(Collected data)

- - - -

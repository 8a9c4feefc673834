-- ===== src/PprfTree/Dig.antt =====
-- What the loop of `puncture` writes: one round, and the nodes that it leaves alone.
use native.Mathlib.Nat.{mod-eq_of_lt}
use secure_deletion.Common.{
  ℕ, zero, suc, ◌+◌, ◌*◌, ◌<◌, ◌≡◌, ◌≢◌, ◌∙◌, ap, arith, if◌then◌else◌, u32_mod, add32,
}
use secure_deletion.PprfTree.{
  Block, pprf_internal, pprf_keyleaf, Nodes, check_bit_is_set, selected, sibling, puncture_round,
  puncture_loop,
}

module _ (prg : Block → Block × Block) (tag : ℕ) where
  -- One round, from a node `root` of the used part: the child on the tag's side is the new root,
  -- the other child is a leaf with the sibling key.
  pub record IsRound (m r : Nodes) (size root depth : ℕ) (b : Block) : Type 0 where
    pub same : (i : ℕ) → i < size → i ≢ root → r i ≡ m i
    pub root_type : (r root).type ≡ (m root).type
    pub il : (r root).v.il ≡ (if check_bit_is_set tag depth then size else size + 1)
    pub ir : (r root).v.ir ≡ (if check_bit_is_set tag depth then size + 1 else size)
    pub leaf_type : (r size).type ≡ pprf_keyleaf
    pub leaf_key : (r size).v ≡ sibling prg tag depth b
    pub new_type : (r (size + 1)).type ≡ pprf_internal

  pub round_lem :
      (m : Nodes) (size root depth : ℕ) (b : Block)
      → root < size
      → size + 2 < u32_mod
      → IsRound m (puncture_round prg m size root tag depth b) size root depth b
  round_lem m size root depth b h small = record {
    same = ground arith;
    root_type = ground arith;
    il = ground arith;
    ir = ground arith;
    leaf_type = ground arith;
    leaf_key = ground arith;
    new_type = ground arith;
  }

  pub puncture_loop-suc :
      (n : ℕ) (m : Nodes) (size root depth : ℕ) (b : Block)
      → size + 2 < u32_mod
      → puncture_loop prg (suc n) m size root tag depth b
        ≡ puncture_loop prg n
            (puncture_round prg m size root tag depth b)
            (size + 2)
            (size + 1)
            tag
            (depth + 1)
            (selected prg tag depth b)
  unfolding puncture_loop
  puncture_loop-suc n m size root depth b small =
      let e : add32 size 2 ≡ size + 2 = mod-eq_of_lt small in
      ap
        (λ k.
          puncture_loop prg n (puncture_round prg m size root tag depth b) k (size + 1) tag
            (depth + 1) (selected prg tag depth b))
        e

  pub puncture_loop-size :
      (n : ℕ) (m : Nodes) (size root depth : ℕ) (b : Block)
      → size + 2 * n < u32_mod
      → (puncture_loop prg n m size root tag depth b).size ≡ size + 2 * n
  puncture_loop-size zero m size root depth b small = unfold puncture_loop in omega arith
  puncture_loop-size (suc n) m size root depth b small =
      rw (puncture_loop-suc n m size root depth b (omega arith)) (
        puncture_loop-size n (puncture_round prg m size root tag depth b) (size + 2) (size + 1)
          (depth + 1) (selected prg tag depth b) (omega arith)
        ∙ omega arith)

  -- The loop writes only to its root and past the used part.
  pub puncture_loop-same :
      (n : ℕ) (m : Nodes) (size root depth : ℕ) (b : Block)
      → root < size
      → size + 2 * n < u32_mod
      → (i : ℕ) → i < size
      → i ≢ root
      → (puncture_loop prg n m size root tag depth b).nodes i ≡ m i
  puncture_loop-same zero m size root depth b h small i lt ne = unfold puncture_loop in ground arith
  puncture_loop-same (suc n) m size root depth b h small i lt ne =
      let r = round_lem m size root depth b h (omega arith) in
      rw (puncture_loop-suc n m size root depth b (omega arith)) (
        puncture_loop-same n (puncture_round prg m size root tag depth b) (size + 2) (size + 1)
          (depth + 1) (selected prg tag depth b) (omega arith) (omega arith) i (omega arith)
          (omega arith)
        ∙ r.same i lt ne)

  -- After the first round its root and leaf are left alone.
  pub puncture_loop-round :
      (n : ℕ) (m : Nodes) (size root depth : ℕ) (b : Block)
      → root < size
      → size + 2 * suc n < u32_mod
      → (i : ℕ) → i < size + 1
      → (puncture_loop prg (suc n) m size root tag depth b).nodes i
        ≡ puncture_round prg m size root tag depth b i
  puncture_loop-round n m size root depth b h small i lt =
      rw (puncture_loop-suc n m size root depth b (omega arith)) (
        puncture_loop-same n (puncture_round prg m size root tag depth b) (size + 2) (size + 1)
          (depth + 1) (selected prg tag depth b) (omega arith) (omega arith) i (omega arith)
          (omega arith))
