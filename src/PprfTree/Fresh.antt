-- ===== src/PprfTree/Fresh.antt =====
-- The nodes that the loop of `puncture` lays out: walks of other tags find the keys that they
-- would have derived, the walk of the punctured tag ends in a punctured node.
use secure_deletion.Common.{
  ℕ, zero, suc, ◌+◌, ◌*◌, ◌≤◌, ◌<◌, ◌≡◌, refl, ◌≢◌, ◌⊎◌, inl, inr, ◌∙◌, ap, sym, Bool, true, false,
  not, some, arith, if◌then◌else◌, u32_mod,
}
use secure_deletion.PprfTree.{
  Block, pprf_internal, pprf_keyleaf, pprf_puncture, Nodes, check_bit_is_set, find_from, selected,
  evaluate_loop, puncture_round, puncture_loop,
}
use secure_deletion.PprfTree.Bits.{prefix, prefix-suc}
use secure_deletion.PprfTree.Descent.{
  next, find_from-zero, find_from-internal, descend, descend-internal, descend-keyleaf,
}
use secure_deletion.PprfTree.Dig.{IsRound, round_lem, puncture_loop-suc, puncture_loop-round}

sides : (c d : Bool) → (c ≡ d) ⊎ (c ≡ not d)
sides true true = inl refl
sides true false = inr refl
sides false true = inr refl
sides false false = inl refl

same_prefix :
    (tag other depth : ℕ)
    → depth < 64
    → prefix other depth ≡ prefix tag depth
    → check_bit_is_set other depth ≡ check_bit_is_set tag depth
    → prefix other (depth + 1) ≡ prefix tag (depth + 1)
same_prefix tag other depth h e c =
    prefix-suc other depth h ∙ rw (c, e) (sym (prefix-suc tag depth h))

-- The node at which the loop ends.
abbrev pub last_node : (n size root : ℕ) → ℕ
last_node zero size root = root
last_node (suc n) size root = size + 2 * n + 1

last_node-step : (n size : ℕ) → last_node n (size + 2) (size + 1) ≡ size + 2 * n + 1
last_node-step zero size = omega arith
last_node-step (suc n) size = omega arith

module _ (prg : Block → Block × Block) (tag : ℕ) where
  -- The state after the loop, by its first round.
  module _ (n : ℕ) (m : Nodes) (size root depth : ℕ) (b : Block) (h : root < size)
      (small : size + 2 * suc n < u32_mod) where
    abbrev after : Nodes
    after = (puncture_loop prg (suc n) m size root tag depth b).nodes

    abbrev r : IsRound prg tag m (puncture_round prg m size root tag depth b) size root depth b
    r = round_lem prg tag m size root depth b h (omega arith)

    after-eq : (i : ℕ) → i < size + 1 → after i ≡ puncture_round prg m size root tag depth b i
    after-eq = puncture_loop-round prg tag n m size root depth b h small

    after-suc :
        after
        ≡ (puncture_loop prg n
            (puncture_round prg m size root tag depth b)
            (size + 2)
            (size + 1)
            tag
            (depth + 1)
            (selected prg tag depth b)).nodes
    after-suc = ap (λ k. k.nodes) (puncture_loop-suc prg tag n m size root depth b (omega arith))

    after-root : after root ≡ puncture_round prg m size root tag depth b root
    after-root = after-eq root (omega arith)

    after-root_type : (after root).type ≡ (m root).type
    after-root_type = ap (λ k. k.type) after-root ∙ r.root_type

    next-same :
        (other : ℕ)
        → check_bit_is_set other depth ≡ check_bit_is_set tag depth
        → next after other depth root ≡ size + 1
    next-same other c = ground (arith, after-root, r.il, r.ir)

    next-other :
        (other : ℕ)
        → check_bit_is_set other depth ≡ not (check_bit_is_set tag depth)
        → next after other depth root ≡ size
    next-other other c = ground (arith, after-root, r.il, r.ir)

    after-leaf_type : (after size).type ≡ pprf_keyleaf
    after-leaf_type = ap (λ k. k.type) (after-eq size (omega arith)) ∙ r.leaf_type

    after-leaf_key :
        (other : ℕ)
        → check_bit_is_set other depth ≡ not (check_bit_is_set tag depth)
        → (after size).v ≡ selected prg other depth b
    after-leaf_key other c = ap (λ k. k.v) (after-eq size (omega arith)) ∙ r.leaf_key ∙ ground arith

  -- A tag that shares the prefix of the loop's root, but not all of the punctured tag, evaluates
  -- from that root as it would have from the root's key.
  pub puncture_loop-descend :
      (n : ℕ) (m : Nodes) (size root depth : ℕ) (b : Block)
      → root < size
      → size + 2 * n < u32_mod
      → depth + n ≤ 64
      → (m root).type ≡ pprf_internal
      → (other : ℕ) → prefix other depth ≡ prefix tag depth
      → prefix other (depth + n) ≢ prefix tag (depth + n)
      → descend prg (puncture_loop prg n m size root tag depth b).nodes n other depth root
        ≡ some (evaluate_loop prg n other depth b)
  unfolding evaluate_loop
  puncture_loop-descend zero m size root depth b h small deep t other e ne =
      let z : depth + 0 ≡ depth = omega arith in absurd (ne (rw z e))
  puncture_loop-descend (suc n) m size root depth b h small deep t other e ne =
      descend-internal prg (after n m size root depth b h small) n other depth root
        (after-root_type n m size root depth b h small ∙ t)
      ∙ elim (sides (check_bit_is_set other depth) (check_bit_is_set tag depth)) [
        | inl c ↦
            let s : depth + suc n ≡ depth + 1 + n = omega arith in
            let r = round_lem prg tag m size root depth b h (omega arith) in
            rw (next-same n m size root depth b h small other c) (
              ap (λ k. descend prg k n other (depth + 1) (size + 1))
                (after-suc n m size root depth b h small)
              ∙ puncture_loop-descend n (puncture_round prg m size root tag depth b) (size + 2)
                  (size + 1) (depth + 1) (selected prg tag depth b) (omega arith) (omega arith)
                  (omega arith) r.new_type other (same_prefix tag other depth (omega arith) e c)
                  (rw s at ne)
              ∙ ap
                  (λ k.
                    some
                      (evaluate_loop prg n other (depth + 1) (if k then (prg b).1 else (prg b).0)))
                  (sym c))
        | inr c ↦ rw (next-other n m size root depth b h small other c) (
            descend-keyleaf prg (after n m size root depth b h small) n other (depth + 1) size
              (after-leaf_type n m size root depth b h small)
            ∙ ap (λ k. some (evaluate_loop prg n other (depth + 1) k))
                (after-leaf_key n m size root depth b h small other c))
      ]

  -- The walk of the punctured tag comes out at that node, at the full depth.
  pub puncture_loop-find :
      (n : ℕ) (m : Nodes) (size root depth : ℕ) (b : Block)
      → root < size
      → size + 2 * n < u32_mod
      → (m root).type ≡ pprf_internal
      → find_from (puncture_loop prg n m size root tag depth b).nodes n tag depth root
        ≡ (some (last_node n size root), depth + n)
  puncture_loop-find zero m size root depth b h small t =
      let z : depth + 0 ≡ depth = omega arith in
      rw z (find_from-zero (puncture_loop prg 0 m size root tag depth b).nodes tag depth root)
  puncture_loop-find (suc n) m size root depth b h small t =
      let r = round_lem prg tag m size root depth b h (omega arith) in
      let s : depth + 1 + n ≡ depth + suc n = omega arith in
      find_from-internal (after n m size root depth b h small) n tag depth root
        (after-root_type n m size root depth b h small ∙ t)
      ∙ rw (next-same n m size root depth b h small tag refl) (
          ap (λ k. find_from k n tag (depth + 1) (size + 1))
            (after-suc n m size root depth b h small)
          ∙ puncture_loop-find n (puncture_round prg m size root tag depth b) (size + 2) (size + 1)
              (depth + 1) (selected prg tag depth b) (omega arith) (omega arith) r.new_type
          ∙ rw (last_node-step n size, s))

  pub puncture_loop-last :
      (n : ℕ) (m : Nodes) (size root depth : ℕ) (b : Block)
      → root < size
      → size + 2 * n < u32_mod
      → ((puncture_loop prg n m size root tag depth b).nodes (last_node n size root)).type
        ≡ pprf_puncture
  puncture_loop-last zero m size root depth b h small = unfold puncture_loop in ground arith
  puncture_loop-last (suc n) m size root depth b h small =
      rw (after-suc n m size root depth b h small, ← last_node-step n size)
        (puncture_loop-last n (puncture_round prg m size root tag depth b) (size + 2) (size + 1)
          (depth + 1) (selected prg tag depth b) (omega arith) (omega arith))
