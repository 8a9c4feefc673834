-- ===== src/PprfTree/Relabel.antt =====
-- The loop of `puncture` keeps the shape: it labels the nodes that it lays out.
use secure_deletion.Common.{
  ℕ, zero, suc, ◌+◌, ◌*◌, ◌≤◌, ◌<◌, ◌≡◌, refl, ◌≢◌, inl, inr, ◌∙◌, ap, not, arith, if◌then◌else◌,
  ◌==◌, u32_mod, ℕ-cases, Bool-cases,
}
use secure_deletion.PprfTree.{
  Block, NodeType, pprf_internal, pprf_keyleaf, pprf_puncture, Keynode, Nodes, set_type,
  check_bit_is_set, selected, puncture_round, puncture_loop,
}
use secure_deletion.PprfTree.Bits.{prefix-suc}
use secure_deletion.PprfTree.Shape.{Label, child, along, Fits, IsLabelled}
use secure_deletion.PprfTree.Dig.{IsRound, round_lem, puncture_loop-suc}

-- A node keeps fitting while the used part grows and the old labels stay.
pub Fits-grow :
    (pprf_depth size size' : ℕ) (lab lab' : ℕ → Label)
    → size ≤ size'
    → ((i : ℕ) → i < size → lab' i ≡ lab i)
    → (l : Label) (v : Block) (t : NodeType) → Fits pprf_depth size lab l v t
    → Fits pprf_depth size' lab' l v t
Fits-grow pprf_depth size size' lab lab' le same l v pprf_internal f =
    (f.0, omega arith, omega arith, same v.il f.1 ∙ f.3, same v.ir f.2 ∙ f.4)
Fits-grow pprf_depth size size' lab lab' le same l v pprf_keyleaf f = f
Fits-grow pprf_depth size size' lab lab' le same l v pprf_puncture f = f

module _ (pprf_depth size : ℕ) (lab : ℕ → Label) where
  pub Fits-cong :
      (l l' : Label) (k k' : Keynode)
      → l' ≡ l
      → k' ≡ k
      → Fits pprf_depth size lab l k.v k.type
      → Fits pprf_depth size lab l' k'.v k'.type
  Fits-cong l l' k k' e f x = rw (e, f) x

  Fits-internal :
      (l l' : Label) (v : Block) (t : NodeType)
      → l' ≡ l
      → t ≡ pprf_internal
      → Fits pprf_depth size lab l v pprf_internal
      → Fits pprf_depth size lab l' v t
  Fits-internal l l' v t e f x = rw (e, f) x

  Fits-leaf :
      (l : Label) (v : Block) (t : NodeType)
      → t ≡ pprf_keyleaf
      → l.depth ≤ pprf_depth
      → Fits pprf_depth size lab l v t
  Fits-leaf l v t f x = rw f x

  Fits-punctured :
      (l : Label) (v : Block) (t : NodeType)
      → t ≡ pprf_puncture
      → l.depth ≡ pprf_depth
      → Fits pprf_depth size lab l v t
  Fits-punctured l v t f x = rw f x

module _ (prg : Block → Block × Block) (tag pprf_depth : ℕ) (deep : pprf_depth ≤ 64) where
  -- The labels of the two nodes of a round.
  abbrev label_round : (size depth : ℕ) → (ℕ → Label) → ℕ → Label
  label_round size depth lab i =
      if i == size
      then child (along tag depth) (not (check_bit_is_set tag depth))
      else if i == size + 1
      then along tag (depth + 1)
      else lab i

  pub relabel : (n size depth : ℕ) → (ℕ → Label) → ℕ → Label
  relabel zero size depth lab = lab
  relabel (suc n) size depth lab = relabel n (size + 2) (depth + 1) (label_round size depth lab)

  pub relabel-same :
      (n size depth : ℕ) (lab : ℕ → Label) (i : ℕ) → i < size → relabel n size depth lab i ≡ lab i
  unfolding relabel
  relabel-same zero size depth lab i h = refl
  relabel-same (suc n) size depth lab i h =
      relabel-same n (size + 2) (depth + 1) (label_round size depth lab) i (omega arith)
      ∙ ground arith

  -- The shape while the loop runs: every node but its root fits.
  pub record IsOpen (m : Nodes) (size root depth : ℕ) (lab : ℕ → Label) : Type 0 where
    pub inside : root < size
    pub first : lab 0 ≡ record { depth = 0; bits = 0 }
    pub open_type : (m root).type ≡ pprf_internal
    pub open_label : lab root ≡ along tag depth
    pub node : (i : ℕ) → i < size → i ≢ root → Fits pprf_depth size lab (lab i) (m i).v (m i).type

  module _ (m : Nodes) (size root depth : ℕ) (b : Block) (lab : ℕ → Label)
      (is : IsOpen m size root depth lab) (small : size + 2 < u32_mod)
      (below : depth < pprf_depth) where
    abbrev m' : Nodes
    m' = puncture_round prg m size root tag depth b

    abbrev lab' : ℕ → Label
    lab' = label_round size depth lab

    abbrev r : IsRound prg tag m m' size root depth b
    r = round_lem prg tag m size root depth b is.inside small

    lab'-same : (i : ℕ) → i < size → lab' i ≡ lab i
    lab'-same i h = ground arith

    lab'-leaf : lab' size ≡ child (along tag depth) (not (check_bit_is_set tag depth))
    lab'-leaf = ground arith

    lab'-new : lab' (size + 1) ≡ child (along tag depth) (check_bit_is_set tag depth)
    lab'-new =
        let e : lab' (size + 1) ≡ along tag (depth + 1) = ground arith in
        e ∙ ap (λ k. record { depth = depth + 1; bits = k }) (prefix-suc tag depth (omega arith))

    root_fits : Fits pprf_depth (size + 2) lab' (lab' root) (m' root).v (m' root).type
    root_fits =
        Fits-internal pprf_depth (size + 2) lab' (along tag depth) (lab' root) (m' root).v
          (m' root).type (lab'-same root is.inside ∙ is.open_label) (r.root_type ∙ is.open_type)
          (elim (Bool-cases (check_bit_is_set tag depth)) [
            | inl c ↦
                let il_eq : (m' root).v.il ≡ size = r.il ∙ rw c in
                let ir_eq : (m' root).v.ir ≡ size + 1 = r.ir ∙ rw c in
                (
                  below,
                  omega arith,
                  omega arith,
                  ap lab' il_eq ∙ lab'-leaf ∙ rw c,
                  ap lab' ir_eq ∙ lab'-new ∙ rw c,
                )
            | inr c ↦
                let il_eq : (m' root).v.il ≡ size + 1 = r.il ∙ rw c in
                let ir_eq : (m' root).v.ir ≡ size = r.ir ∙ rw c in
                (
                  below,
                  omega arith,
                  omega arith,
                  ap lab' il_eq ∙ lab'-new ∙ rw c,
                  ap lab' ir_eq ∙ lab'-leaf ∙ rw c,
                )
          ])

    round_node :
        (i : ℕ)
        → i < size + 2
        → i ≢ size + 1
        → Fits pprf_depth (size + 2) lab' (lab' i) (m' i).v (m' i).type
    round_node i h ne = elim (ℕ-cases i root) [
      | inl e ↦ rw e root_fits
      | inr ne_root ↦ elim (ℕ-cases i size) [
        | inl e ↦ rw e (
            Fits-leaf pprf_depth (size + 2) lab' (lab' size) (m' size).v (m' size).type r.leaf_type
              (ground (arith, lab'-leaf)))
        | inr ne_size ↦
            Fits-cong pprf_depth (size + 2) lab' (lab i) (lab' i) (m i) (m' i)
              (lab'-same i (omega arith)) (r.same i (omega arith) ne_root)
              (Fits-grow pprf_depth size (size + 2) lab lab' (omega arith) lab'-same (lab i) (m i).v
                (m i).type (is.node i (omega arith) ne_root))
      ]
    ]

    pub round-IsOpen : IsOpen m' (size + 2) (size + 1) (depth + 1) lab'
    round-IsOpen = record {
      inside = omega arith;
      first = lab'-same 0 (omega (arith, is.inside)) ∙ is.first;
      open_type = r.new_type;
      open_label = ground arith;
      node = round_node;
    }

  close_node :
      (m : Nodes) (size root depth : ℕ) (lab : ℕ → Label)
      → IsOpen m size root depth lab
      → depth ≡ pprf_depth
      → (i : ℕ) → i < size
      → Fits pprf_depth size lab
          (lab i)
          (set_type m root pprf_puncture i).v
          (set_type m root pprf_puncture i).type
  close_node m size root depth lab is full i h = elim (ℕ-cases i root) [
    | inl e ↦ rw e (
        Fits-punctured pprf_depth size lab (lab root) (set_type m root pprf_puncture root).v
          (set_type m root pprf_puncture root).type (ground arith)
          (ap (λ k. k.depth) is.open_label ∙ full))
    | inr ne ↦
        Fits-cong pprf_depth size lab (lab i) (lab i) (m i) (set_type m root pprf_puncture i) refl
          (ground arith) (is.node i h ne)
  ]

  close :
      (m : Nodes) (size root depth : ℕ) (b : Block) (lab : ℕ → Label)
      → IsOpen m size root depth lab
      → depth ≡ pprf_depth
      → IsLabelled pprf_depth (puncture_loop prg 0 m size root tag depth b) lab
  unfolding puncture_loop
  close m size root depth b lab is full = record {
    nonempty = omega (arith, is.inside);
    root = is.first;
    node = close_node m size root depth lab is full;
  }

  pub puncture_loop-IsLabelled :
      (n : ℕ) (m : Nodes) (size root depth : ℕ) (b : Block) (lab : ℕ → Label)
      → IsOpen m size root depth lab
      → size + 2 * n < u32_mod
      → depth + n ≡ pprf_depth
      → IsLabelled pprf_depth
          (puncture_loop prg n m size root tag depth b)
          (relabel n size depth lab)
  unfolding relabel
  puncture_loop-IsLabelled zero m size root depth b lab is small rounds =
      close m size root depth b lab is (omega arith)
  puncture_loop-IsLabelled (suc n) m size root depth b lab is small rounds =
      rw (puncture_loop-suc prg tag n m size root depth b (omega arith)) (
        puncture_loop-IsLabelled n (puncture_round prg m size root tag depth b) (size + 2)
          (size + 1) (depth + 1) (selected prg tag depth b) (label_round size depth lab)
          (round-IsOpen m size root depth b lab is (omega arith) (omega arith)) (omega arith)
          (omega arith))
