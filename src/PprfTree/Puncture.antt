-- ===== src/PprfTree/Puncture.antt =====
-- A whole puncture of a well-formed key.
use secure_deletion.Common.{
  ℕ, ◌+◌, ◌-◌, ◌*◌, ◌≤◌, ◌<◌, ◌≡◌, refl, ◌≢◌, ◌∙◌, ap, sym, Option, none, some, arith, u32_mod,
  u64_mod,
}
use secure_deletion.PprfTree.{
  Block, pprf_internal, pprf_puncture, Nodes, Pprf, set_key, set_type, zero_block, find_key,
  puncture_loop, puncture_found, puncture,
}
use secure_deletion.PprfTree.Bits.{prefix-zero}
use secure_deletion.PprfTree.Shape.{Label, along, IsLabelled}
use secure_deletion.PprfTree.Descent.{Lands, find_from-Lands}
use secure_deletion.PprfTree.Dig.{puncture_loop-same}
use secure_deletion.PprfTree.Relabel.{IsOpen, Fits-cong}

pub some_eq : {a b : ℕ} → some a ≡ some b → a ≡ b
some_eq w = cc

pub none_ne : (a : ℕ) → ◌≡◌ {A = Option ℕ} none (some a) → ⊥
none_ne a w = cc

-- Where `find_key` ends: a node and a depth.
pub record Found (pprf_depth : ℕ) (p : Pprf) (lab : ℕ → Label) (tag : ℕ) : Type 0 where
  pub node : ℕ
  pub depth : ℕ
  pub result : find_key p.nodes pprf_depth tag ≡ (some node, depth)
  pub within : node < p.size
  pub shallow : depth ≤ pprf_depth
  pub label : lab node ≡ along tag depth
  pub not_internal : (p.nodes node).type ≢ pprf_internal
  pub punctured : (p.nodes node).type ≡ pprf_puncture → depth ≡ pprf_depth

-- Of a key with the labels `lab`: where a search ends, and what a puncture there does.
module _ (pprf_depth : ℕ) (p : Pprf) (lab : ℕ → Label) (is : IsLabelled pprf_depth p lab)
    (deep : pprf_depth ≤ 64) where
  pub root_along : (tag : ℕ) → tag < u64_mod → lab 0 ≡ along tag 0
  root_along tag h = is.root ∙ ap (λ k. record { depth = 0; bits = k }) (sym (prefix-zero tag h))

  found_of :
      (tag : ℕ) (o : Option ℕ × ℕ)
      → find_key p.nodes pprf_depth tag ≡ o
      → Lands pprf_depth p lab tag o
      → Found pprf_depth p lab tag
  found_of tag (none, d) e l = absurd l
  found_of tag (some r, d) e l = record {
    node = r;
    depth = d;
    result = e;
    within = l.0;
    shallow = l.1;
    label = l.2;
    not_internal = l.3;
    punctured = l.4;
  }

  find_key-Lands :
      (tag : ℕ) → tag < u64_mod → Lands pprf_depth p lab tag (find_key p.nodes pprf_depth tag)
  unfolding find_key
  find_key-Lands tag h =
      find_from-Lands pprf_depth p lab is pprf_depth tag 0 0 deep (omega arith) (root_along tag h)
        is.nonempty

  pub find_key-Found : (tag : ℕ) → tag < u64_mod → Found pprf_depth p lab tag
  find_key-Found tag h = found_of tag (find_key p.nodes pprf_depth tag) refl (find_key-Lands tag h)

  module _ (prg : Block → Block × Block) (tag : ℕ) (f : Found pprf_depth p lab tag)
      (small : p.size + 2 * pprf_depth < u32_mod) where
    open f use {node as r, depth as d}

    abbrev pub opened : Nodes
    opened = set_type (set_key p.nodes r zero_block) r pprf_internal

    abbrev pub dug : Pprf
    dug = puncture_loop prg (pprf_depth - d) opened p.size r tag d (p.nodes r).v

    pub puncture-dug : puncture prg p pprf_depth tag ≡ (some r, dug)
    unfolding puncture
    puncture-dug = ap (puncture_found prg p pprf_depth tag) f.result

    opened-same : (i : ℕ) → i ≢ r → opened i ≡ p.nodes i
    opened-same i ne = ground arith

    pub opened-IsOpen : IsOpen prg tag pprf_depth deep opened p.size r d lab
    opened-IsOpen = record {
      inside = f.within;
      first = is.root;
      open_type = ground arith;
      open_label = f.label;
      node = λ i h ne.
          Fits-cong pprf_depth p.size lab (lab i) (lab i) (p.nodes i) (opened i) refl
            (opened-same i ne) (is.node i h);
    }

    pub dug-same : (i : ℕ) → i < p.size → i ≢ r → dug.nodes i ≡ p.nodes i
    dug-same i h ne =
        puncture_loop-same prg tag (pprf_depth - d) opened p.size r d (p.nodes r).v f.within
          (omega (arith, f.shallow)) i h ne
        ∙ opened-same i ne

- - - -

Using the entries above, find all lines with "within". Copy them.

  pub within : node < p.size
    within = l.0;
      inside = f.within;
        puncture_loop-same prg tag (pprf_depth - d) opened p.size r d (p.nodes r).v f.within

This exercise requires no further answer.